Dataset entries
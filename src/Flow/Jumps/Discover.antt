-- ===== src/Flow/Jumps/Discover.antt =====
-- `discover_jump_sources` of aderyn_core/src/context/flow/utils.rs finds each jump that the start leads to.
use aderyn.Prelude.{
  ℕ, zero, suc, ◌+◌, ◌<◌, Bool, true, false, not, ◌&&◌, ◌||◌, Option, none, some, List, [], ◌∷◌,
  ◌≡◌, refl, ap, ◌∙◌, arith, ◌==◌, Bool-cases, Option-cases, inl, inr, ==_iff, All, contains,
  length, contains-append,
}
use aderyn.Flow.Node.{
  CfgNode, CfgNodeDescriptor, continue_statement, break_statement, return_statement,
}
use aderyn.Flow.Cfg.{Cfg, raw_successors, has_node}
use aderyn.Flow.Cfg.Edges.{edge}
use aderyn.Prelude.Leads.{Leads, here, step}
use aderyn.Flow.Reduce.Invariant.{IsReducing, node_at}
use aderyn.Flow.Jumps.{Sources, note_jump, for_children, discover_jump_sources, no_sources}
use aderyn.Prelude.Unvisited.{left, left-le, left-visit, left-length, All-contains}

-- the three kinds of jumps, and their lists
pub data Jump : Type 0 where
  continues breaks returning : Jump

abbrev pub listed : Jump → Sources → List ℕ
listed continues s = s.continue_statements
listed breaks s = s.break_statements
listed returning s = s.return_statements

abbrev pub is_jump : Jump → CfgNodeDescriptor → Bool
is_jump continues (continue_statement i) = true
is_jump breaks (break_statement i) = true
is_jump returning (return_statement i) = true
is_jump _ _ = false

abbrev jump_in : Jump → Option CfgNode → Bool
jump_in j none = false
jump_in j (some node) = is_jump j node.nd

abbrev pub jump_at : Jump → Cfg → ℕ → Bool
jump_at j g k = jump_in j (node_at g k)

contains-note_jump :
    (j : Jump) (nd : CfgNodeDescriptor) (id k : ℕ) (s : Sources)
    → contains (listed j (note_jump nd id s)) k
      ≡ (contains (listed j s) k || (is_jump j nd && id == k))
contains-note_jump continues (continue_statement i) id k s =
    contains-append s.continue_statements (id ∷ []) k ∙ ground arith
contains-note_jump breaks (break_statement i) id k s =
    contains-append s.break_statements (id ∷ []) k ∙ ground arith
contains-note_jump returning (return_statement i) id k s =
    contains-append s.return_statements (id ∷ []) k ∙ ground arith
contains-note_jump j nd id k s = ground arith

-- What a search from `a` does to the visited set and the lists.
pub record Explored (g : Cfg) (a : ℕ) (s s' : Sources) : Type 0 where
  pub grows : (k : ℕ) → contains s.visited k ≡ true → contains s'.visited k ≡ true
  pub reached :
      (k : ℕ) → contains s'.visited k ≡ true → contains s.visited k ≡ false → Leads (edge g) a k
  pub closed :
      (k b : ℕ)
      → contains s'.visited k ≡ true
      → contains s.visited k ≡ false
      → edge g k b ≡ true
      → contains s'.visited b ≡ true
  pub finds :
      (j : Jump) (k : ℕ)
      → contains (listed j s') k ≡ (
          contains (listed j s) k
          || ((contains s'.visited k && not (contains s.visited k)) && jump_at j g k))

Explored-self : (g : Cfg) (a : ℕ) (s : Sources) → Explored g a s s
Explored-self g a s = record {
  grows = λ k p. p;
  reached = λ k p o. ground (arith, p, o);
  closed = λ k b p o e. ground (arith, p, o);
  finds = λ j k. ground arith;
}

-- a child of `a`, and then the other children
Explored-then :
    {g : Cfg} {a c : ℕ} {s s1 s2 : Sources}
    → edge g a c ≡ true
    → Explored g c s s1
    → Explored g a s1 s2
    → Explored g a s s2
Explored-then {s1 = s1} e x y = record {
  grows = λ k p. y.grows k (x.grows k p);
  reached = λ k p o. elim (Bool-cases (contains s1.visited k)) [
    | inl v ↦ step e (x.reached k v o)
    | inr u ↦ y.reached k p u
  ];
  closed = λ k b p o f. elim (Bool-cases (contains s1.visited k)) [
    | inl v ↦ y.grows b (x.closed k b v o f)
    | inr u ↦ y.closed k b p u f
  ];
  finds = λ j k. y.finds j k ∙ rw (x.finds j k) (ground (arith, x.grows k, y.grows k));
}

-- A visit with enough fuel for the nodes that are left returns, and has visited its node.
abbrev Visits : Cfg → ℕ → (ℕ → Sources → Option Sources) → Type 0
Visits g fuel visit =
    (c : ℕ) (s : Sources)
    → has_node g c ≡ true
    → left g.nodes s.visited < fuel
    → (s' : Sources) × (visit c s ≡ some s') × Explored g c s s' × (contains s'.visited c ≡ true)

for_children-Explored :
    (g : Cfg) (fuel : ℕ) (visit : ℕ → Sources → Option Sources)
    → Visits g fuel visit
    → (a : ℕ) (cs : List ℕ) (s : Sources)
    → All (λ c. (has_node g c ≡ true) × (edge g a c ≡ true)) cs
    → left g.nodes s.visited < fuel
    → (s' : Sources) × (for_children visit cs s ≡ some s')
      × Explored g a s s'
      × All (λ c. contains s'.visited c ≡ true) cs
unfolding for_children
for_children-Explored g fuel visit ok a [] s all l = (s, refl, Explored-self g a s, tt)
for_children-Explored g fuel visit ok a (c ∷ cs) s ((there, e), all) l =
    let (s1, run, x, seen) = ok c s there l in
    let (s2, run', y, rest) =
      for_children-Explored g fuel visit ok a cs s1 all
        (omega (arith, l, left-le g.nodes s.visited s1.visited x.grows)) in
    (s2, rw run run', Explored-then e x y, (y.grows c seen, rest))

note_jump-visited :
    (nd : CfgNodeDescriptor) (id : ℕ) (s : Sources) → (note_jump nd id s).visited ≡ s.visited
note_jump-visited (continue_statement i) id s = refl
note_jump-visited nd id s = refl

attached-All :
    (g : Cfg)
    → IsReducing g
    → (a : ℕ) (cs : List ℕ) → ((b : ℕ) → contains cs b ≡ true → edge g a b ≡ true)
    → All (λ c. (has_node g c ≡ true) × (edge g a c ≡ true)) cs
attached-All g i a [] f = tt
attached-All g i a (c ∷ cs) f =
    let e = f c (ground arith) in
    (((i.attached a c e).1, e), attached-All g i a cs (λ b h. f b (ground (arith, h))))

-- the search from a node `c` that has not been visited, once its children have been searched
module _ (g : Cfg) (c : ℕ) (nd : CfgNodeDescriptor) (s s' : Sources)
    (at : node_at g c ≡ some (record { id = c; nd = nd })) (unseen : contains s.visited c ≡ false)
    (x : Explored g c (note_jump nd c (record s { visited = c ∷ s.visited })) s')
    (all : (b : ℕ) → edge g c b ≡ true → contains s'.visited b ≡ true) where
  abbrev entered : Sources
  entered = note_jump nd c (record s { visited = c ∷ s.visited })

  entered-visited : (k : ℕ) → contains entered.visited k ≡ (c == k || contains s.visited k)
  entered-visited k =
      ap (λ v. contains v k) (note_jump-visited nd c (record s { visited = c ∷ s.visited }))

  entered-listed : (j : Jump) → listed j (record s { visited = c ∷ s.visited }) ≡ listed j s
  entered-listed continues = refl
  entered-listed breaks = refl
  entered-listed returning = refl

  node_seen : contains s'.visited c ≡ true
  node_seen = x.grows c (entered-visited c ∙ ground arith)

  -- the node itself is noted if it is a jump
  one_more :
      (j : Jump) (k : ℕ)
      → ((contains (listed j s) k || (is_jump j nd && c == k))
          || ((contains s'.visited k && not (c == k || contains s.visited k)) && jump_at j g k))
        ≡ (contains (listed j s) k
            || ((contains s'.visited k && not (contains s.visited k)) && jump_at j g k))
  one_more j k = elim (Bool-cases (c == k)) [
    | inl same ↦ rw (← (==_iff c k).0 same, node_seen, unseen, at) (ground arith)
    | inr other ↦ rw other (ground arith)
  ]

  Explored-node : Explored g c s s'
  Explored-node = record {
    grows = λ k p. x.grows k (entered-visited k ∙ ground (arith, p));
    reached = λ k p o. elim (Bool-cases (c == k)) [
      | inl same ↦ rw (← (==_iff c k).0 same) here
      | inr other ↦ x.reached k p (entered-visited k ∙ ground (arith, other, o))
    ];
    closed = λ k b p o e. elim (Bool-cases (c == k)) [
      | inl same ↦ all b (rw (← (==_iff c k).0 same) at e)
      | inr other ↦ x.closed k b p (entered-visited k ∙ ground (arith, other, o)) e
    ];
    finds = λ j k.
        x.finds j k
        ∙ rw
            (
              contains-note_jump j nd c k (record s { visited = c ∷ s.visited }),
              entered-listed j,
              entered-visited k,
            )
            (one_more j k);
  }

discover_jump_sources-Visits :
    (g : Cfg) → IsReducing g → (fuel : ℕ) → Visits g fuel (discover_jump_sources g fuel)
unfolding discover_jump_sources
discover_jump_sources-Visits g i zero c s there l = ground (arith, l)
discover_jump_sources-Visits g i (suc fuel) c s there l = elim (Bool-cases (contains s.visited c)) [
  | inl seen ↦ (s, rw seen refl, Explored-self g c s, seen)
  | inr unseen ↦ elim (Option-cases (node_at g c)) [
    | inl missing ↦ ground (arith, missing, there)
    | inr (node, at) ↦
        let own : node.id ≡ c = i.own_ids c node at in
        let at' : node_at g c ≡ some (record { id = c; nd = node.nd }) =
          at ∙ ap (λ k. some (record { id = k; nd = node.nd })) own in
        let visited = note_jump-visited node.nd c (record s { visited = c ∷ s.visited }) in
        let (s', run, x, all) =
          for_children-Explored g fuel (discover_jump_sources g fuel)
            (discover_jump_sources-Visits g i fuel) c (raw_successors g c)
            (note_jump node.nd c (record s { visited = c ∷ s.visited }))
            (attached-All g i c (raw_successors g c) (λ b h. h))
            (rw visited (omega (arith, l, left-visit g.nodes s.visited c there unseen))) in
        (
          s',
          rw (unseen, at', run) refl,
          Explored-node g c node.nd s s' at' unseen x
              (All-contains s'.visited (raw_successors g c) all),
          node_seen g c node.nd s s' at' unseen x
              (All-contains s'.visited (raw_successors g c) all),
        )
  ]
]

-- What the search from `start` finds: the nodes that it leads to are those visited, and each list holds
-- exactly the jumps of its kind among them.
pub record Discovered (g : Cfg) (start : ℕ) (s : Sources) : Type 0 where
  pub led_to : (k : ℕ) → Leads (edge g) start k → contains s.visited k ≡ true
  pub only : (k : ℕ) → contains s.visited k ≡ true → Leads (edge g) start k
  pub jumps : (j : Jump) (k : ℕ) → contains (listed j s) k ≡ (contains s.visited k && jump_at j g k)

closed-Leads :
    (g : Cfg) (v : List ℕ)
    → ((k b : ℕ) → contains v k ≡ true → edge g k b ≡ true → contains v b ≡ true)
    → {a k : ℕ} → contains v a ≡ true
    → Leads (edge g) a k
    → contains v k ≡ true
closed-Leads g v f h here = h
closed-Leads g v f h (step {a} {b} e p) = closed-Leads g v f (f a b h e) p

-- In a graph that satisfies the invariant of the reduction, from one of its nodes, and with one more
-- fuel than there are nodes, `discover_jump_sources` returns: it has visited exactly the nodes that the
-- start leads to, and has listed exactly the `continue`, `break` and `return` nodes among them.
pub discover_jump_sources-Discovered :
    (g : Cfg)
    → IsReducing g
    → (start : ℕ) → has_node g start ≡ true
    → (s : Sources) × (discover_jump_sources g (length g.nodes + 1) start no_sources ≡ some s)
      × Discovered g start s
discover_jump_sources-Discovered g i start there =
    let (s, run, x, seen) =
      discover_jump_sources-Visits g i (length g.nodes + 1) start no_sources there
        (omega (arith, left-length g.nodes [])) in
    (
      s,
      run,
      record {
        led_to = λ k p. closed-Leads g s.visited (λ k b v e. x.closed k b v refl e) seen p;
        only = λ k p. x.reached k p refl;
        jumps = λ j k. x.finds j k ∙ nothing_before j (contains s.visited k) (jump_at j g k) k;
      },
    )
  where
    nothing_before :
        (j : Jump) (v p : Bool) (k : ℕ)
        → (contains (listed j no_sources) k || ((v && not false) && p)) ≡ (v && p)
    nothing_before continues v p k = ground arith
    nothing_before breaks v p k = ground arith
    nothing_before returning v p k = ground arith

** Work request **
In the records above, find every line containing the word "What" and show it.

** Solution for this problem **
-- What a search from `a` does to the visited set and the lists.
-- What the search from `start` finds: the nodes that it leads to are those visited, and each list holds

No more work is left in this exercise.